Mercaptopurine – Purine Antimetabolite for Acute Lymphoblastic Leukemia
Mercaptopurine is a systemic antineoplastic agent formulated as a purine metabolism antimetabolite and a structural analogue of nucleic acid bases (hypoxanthine and adenine). The mechanism of action of mercaptopurine is phase-specific, selectively targeting the S-phase of the cell cycle. Upon entering the cell, the drug is biotransformed by the enzyme hypoxanthine-guanine phosphoribosyltransferase into its active nucleotide form, thioinosinic acid. This active metabolite competitively inhibits enzymes responsible for de novo purine nucleotide synthesis and blocks the interconversion of purine nucleotides. Furthermore, mercaptopurine derivatives (thioguanine nucleotides) are directly incorporated into DNA and RNA strands, inducing critical structural defects, strand breaks, and subsequent death of rapidly proliferating neoplastic cells. Alongside its cytotoxic profile, the drug exhibits profound immunosuppressive properties, selectively suppressing T-lymphocyte proliferation and humoral immune responses.
The clinical uniqueness of mercaptopurine lies in its long-standing status as a foundational component of maintenance therapy regimens for acute lymphoblastic leukemia (ALL) in both pediatric and adult populations, ensuring sustained remission. The drug is also widely utilized as a second-line option for chronic myeloid leukemia and in refractory presentations of severe inflammatory bowel diseases, such as Crohn's disease and ulcerative colitis. Following oral administration, mercaptopurine displays variable gastrointestinal absorption, with an average bioavailability ranging between 10% and 20%. Plasma protein binding is low (approximately 19%). The agent undergoes extensive first-pass metabolism in the gastrointestinal mucosa and liver via xanthine oxidase into inactive thiouric acid, as well as via thiopurine methyltransferase (TPMT). The elimination half-life of the parent drug in plasma is approximately 1–1.5 hours, though its active intracellular metabolites persist in tissues significantly longer. Systemic clearance occurs predominantly via the kidneys as metabolites.
The drug is administered orally. Initiating therapy mandates regular laboratory monitoring of complete blood counts (due to high myelosuppression risks) and biochemical profiles (including liver transaminase activity and bilirubin levels). Prior to treatment initiation, genotypic or phenotypic screening for TPMT enzyme activity is highly recommended, as patients with inherited TPMT deficiency are predisposed to severe, life-threatening bone marrow toxicity.
Indications
Mercaptopurine is indicated for the systemic cytostatic and immunosuppressive management of adult and pediatric patients presenting with the following pathological conditions:
- Acute Lymphoblastic Leukemia (ALL): implementation as a maintenance therapy component within multi-agent chemotherapy protocols to induce and sustain durable clinical and hematological remission.

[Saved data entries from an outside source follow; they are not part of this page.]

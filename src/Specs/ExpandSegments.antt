-- ===== src/Specs/ExpandSegments.antt =====
-- The scan of spec_reader.go against a description of the text as literal parts and references.
use cloudquery_fork4devin.Base.{
  ◌≡◌, ◌≢◌, refl, ◌∙◌, sym, ap, ◌+◌, true, false, String, Char, code, List, [], ◌∷◌, Option, none,
  some, Result, ok, err, append, append_assoc, size, size-append, strip_prefix-append, lacks,
  if◌then◌else◌, eq_iff, arith, All, char_eq,
}
use cloudquery_fork4devin.Specs.Expand.{
  until_brace, not_empty, content_at, put_char, put_value, expand_from, expand_env, ExpandError,
  unset_variable, unreadable_file, Formats, should_escape_file_content, expand_file_config,
}

pub data Segment : Type 0 where
  literal : String → Segment
  ref : String → Segment

-- A literal part has no `$`; a reference has a name, with no `}` in it.
abbrev pub IsPrintable : Segment → Type 0
IsPrintable (literal s) = lacks b'$' s ≡ true
IsPrintable (ref name) = (name ≢ "") × (lacks b'}' name ≡ true)

-- The configuration text: a reference is its name between `opening` and `}`.
abbrev pub print : String → List Segment → String
print opening [] = ""
print opening (literal s ∷ rest) = append s (print opening rest)
print opening (ref name ∷ rest) = append opening (append name (append "}" (print opening rest)))

module _ {E : Type 0} where
  abbrev pub put_text : String → String × Option E → String × Option E
  put_text s (t, e) = (append s t, e)

  -- The values in place of the references, and the error of the last reference that has none.
  abbrev pub render : (String → Result E String) → List Segment → String × Option E
  render value [] = ("", none)
  render value (literal s ∷ rest) = put_text s (render value rest)
  render value (ref name ∷ rest) = put_value (value name) (render value rest)

until_brace-append :
    (name t : String)
    → lacks b'}' name ≡ true
    → until_brace (append name (append "}" t)) ≡ some name
until_brace-append String.[] t h = refl
until_brace-append (String.◌∷◌ c s) t h = ground (arith, until_brace-append s t)

not_empty-some : (name : String) → name ≢ "" → not_empty name ≡ some name
not_empty-some name h = ground (arith, eq_iff name "")

content_at-ref :
    (opening name t : String)
    → IsPrintable (ref name)
    → content_at opening (append opening (append name (append "}" t))) ≡ some name
unfolding content_at
content_at-ref opening name t h =
    rw (strip_prefix-append opening _, until_brace-append name t h.1, content_at)
      (not_empty-some name h.0)

-- The text to open a reference begins with `$`.
content_at-other :
    (p s : String) (d c : Char)
    → char_eq c d ≡ false
    → content_at (String.◌∷◌ d p) (String.◌∷◌ c s) ≡ none
unfolding content_at
content_at-other p s d c h = rw (h, content_at)

passed_size :
    (d : Char) (p name : String)
    → size (String.◌∷◌ d p) + size name ≡ size (append p (append name "}"))
passed_size d p name = omega (arith, size-append p (append name "}"), size-append name "}")

passed_text :
    (p name t : String)
    → append p (append name (append "}" t)) ≡ append (append p (append name "}")) t
passed_text p name t =
    sym (append_assoc p (append name "}") t ∙ ap (append p) (append_assoc name "}" t))

module _ {E : Type 0} (value : String → Result E String) where
  expand_from-skip :
      (opening a s : String)
      → expand_from opening value (size a) (append a s) ≡ expand_from opening value 0 s
  unfolding expand_from
  expand_from-skip opening String.[] s = refl
  expand_from-skip opening (String.◌∷◌ c a) s = expand_from-skip opening a s

  module _ (d : Char) (p : String) (dollar : code d ≡ b'$') where
    expand_from-literal :
        (a s : String)
        → lacks b'$' a ≡ true
        → expand_from (String.◌∷◌ d p) value 0 (append a s)
          ≡ put_text a (expand_from (String.◌∷◌ d p) value 0 s)
    unfolding expand_from
    expand_from-literal String.[] s h = refl
    expand_from-literal (String.◌∷◌ c a) s h =
        rw (content_at-other p (append a s) d c (ground arith), expand_from)
          (ap (put_char c) (expand_from-literal a s (ground arith)))

    passed_over :
        (name t : String)
        → expand_from
            (String.◌∷◌ d p)
            value
            (size (String.◌∷◌ d p) + size name)
            (append p (append name (append "}" t)))
          ≡ expand_from (String.◌∷◌ d p) value 0 t
    passed_over name t =
        rw (passed_size d p name, passed_text p name t)
          (expand_from-skip (String.◌∷◌ d p) (append p (append name "}")) t)

    expand_from-ref :
        (name t : String)
        → IsPrintable (ref name)
        → expand_from
            (String.◌∷◌ d p)
            value
            0
            (append (String.◌∷◌ d p) (append name (append "}" t)))
          ≡ put_value (value name) (expand_from (String.◌∷◌ d p) value 0 t)
    unfolding expand_from
    expand_from-ref name t h =
        rw (content_at-ref (String.◌∷◌ d p) name t h, expand_from)
          (ap (put_value (value name)) (passed_over name t))

    -- The whole text of printable segments is expanded segment by segment.
    pub expand_from-print :
        (segments : List Segment)
        → All IsPrintable segments
        → expand_from (String.◌∷◌ d p) value 0 (print (String.◌∷◌ d p) segments)
          ≡ render value segments
    unfolding expand_from
    expand_from-print [] h = refl
    expand_from-print (literal s ∷ rest) h =
        expand_from-literal s (print (String.◌∷◌ d p) rest) h.0
        ∙ ap (put_text s) (expand_from-print rest h.1)
    expand_from-print (ref name ∷ rest) h =
        expand_from-ref name (print (String.◌∷◌ d p) rest) h.0
        ∙ ap (put_value (value name)) (expand_from-print rest h.1)

-- The value of an environment variable, or the error of its absence.
abbrev pub env_value : (String → Option String) → String → Result ExpandError String
env_value lookup_env name = elim (lookup_env name) [
  | none ↦ err (unset_variable name)
  | some content ↦ ok content
]

-- A configuration that is made of parts without `$` and of references `${name}`, where no name is
-- empty or has a `}`, expands to its parts with the variables' values in place of the references;
-- the error is that of the last reference to a variable that is not set, and there is none if all
-- are set.
pub expand_env-print :
    (lookup_env : String → Option String) (segments : List Segment)
    → All IsPrintable segments
    → expand_env lookup_env (print "${" segments) ≡ render (env_value lookup_env) segments
unfolding expand_env
expand_env-print lookup_env segments h =
    expand_from-print (env_value lookup_env) _ "{" refl segments h

abbrev pub file_value : Formats → (String → Option String) → String → Result ExpandError String
file_value f read_file name = elim (read_file name) [
  | none ↦ err (unreadable_file name)
  | some content ↦ ok (if should_escape_file_content f content then f.quote content else content)
]

-- The same scan expands the references `${file:name}`, with the content of the file, escaped where
-- the code escapes it, and the error of the last file that cannot be read.
pub expand_file_config-print :
    (f : Formats) (read_file : String → Option String) (segments : List Segment)
    → All IsPrintable segments
    → expand_file_config f read_file (print "${file:" segments)
      ≡ render (file_value f read_file) segments
unfolding expand_file_config
expand_file_config-print f read_file segments h =
    expand_from-print (file_value f read_file) _ "{file:" refl segments h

- Acute Myelogenous Leukemia (AML): induction of remission and maintenance therapy in cases where standard first-line treatment regimens are inapplicable or ineffective.

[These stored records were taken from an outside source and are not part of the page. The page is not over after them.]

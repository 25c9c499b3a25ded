-- ===== src/Specs/Transformer.antt =====
-- cli/internal/specs/v0/transformer.go. `SetDefaults` is that of the embedded `Metadata`.
use cloudquery_fork4devin.Base.{String, [], Option, Dict}
use cloudquery_fork4devin.Base.Json.{Object}
use cloudquery_fork4devin.Specs.Metadata
use cloudquery_fork4devin.Specs.Metadata.{Metadata, MetadataError}

pub record Transformer : Type 0 where
  pub metadata : Metadata
  pub open metadata use *
  pub spec : Option Object

-- `GetWarnings`: none.
abbrev pub get_warnings : Transformer → Dict String
get_warnings t = []

unfoldable pub validate : Transformer → Option MetadataError
unfolding Metadata.validate
validate t = Metadata.validate t.metadata

unfoldable pub set_defaults : Transformer → Transformer
unfolding Metadata.set_defaults
set_defaults t = record t { metadata = Metadata.set_defaults t.metadata }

- Chronic Myelogenous Leukemia: palliative management to control tumor burden during disease progression or resistance to alternative therapeutic options.
- Crohn's Disease and Ulcerative Colitis: long-term treatment of severe and moderate forms of inflammatory bowel diseases in patients demonstrating resistance or intolerance to corticosteroid therapy.
Dosage and administration
The dosing regimen of mercaptopurine is customized individually based on the patient's body weight or body surface area, hematological indices, and personal tolerability profiles.
- Standard Adult and Pediatric Dose: for leukemia management, the initial dose typically ranges from 2.5 mg per kilogram of body weight daily or 50 to 75 mg per square meter of body surface area daily. Dosing is meticulously adjusted by the clinician based on the observed degree of myelosuppression.
- Administration Method: tablets must be swallowed whole with an adequate volume of water and must not be broken or crushed. The drug can be taken with food or on an empty stomach, but the chosen method of administration must be consistent from day to day. Evening administration is highly recommended.
- Co-administration Restrictions: mercaptopurine must not be taken concurrently with milk or dairy products, as they contain the enzyme xanthine oxidase, which can critically reduce mercaptopurine plasma concentrations. Food intake should occur at least 1 hour before or 2 hours after milk consumption.
- Dose Reductions for Drug Interactions: when co-administered with allopurinol, oxipurinol, or febuxostat (xanthine oxidase inhibitors), the dose of mercaptopurine must be strictly reduced by 75% (to 1/4 of the standard dose) to prevent fatal systemic toxicity.
- Modifications in Renal and Hepatic Impairment: in patients presenting with compromised renal or hepatic functions, down-titration is mandatory to prevent cumulative systemic toxicities.